§ Records for this exercise:
+ + + +
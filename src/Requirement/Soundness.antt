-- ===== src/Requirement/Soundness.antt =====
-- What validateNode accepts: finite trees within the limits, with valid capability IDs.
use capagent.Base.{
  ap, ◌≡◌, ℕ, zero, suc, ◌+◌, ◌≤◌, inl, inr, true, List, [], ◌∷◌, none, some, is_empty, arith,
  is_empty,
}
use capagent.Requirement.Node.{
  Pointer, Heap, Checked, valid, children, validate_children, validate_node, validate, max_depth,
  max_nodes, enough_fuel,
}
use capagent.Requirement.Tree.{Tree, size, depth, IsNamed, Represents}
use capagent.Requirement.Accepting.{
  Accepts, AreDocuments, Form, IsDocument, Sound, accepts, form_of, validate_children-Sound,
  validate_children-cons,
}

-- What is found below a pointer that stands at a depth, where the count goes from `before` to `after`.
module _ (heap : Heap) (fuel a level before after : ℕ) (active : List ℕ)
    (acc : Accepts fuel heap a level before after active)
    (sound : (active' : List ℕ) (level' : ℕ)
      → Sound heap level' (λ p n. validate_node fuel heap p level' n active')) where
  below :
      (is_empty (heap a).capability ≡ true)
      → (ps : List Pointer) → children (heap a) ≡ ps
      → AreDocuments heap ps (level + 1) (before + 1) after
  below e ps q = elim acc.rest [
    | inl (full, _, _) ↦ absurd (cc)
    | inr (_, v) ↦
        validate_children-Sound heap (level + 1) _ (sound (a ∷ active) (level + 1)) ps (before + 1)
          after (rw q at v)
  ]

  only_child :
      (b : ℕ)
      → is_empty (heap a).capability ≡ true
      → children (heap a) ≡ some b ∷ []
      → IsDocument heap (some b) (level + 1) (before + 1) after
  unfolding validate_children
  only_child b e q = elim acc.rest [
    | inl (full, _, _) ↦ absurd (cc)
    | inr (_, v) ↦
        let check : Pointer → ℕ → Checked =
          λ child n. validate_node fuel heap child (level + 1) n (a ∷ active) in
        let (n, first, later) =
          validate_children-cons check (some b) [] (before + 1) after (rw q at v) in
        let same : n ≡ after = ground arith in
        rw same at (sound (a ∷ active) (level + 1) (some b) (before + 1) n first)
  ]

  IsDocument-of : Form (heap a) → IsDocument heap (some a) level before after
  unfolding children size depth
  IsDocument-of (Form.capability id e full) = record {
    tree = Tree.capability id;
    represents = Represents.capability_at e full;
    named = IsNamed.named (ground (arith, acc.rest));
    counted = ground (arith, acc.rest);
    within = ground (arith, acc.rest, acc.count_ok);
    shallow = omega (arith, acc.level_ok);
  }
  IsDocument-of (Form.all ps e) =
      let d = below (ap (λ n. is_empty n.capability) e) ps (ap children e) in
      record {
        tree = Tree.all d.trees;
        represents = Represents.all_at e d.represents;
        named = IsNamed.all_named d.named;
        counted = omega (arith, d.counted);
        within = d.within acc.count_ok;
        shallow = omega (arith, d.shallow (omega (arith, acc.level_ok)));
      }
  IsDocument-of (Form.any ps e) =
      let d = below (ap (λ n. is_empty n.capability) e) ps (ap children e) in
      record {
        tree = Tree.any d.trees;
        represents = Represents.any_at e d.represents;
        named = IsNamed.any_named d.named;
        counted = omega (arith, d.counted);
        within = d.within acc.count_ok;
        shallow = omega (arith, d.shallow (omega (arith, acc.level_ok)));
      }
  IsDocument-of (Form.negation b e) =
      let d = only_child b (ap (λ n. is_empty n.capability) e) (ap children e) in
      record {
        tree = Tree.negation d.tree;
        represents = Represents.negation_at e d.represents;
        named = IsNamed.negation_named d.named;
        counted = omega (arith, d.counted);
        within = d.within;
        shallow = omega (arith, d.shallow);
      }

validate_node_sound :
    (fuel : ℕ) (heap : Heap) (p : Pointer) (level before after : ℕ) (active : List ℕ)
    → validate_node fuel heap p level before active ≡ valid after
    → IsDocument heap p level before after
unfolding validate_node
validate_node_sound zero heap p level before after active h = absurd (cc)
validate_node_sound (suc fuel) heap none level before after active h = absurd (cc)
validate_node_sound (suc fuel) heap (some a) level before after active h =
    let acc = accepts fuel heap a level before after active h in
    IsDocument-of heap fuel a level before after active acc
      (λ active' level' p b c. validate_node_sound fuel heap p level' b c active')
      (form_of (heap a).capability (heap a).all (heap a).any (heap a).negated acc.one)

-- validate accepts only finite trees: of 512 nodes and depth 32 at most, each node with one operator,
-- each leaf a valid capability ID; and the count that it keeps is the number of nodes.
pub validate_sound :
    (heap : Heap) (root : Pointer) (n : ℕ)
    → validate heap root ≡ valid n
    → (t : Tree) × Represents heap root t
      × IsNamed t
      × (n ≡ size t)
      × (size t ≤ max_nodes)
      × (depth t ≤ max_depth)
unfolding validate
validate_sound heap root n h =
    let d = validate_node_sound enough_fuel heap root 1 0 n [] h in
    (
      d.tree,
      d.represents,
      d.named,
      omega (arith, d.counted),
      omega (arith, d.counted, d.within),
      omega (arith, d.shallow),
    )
+ + + +
§ Exercise goal: Every line in the entries above that mentions the word "Requirement" must be shown.

§ Exercise solution:
filename src/Requirement/Soundness.antt
-- ===== src/Requirement/Soundness.antt =====
use capagent.Requirement.Node.{
use capagent.Requirement.Tree.{Tree, size, depth, IsNamed, Represents}
use capagent.Requirement.Accepting.{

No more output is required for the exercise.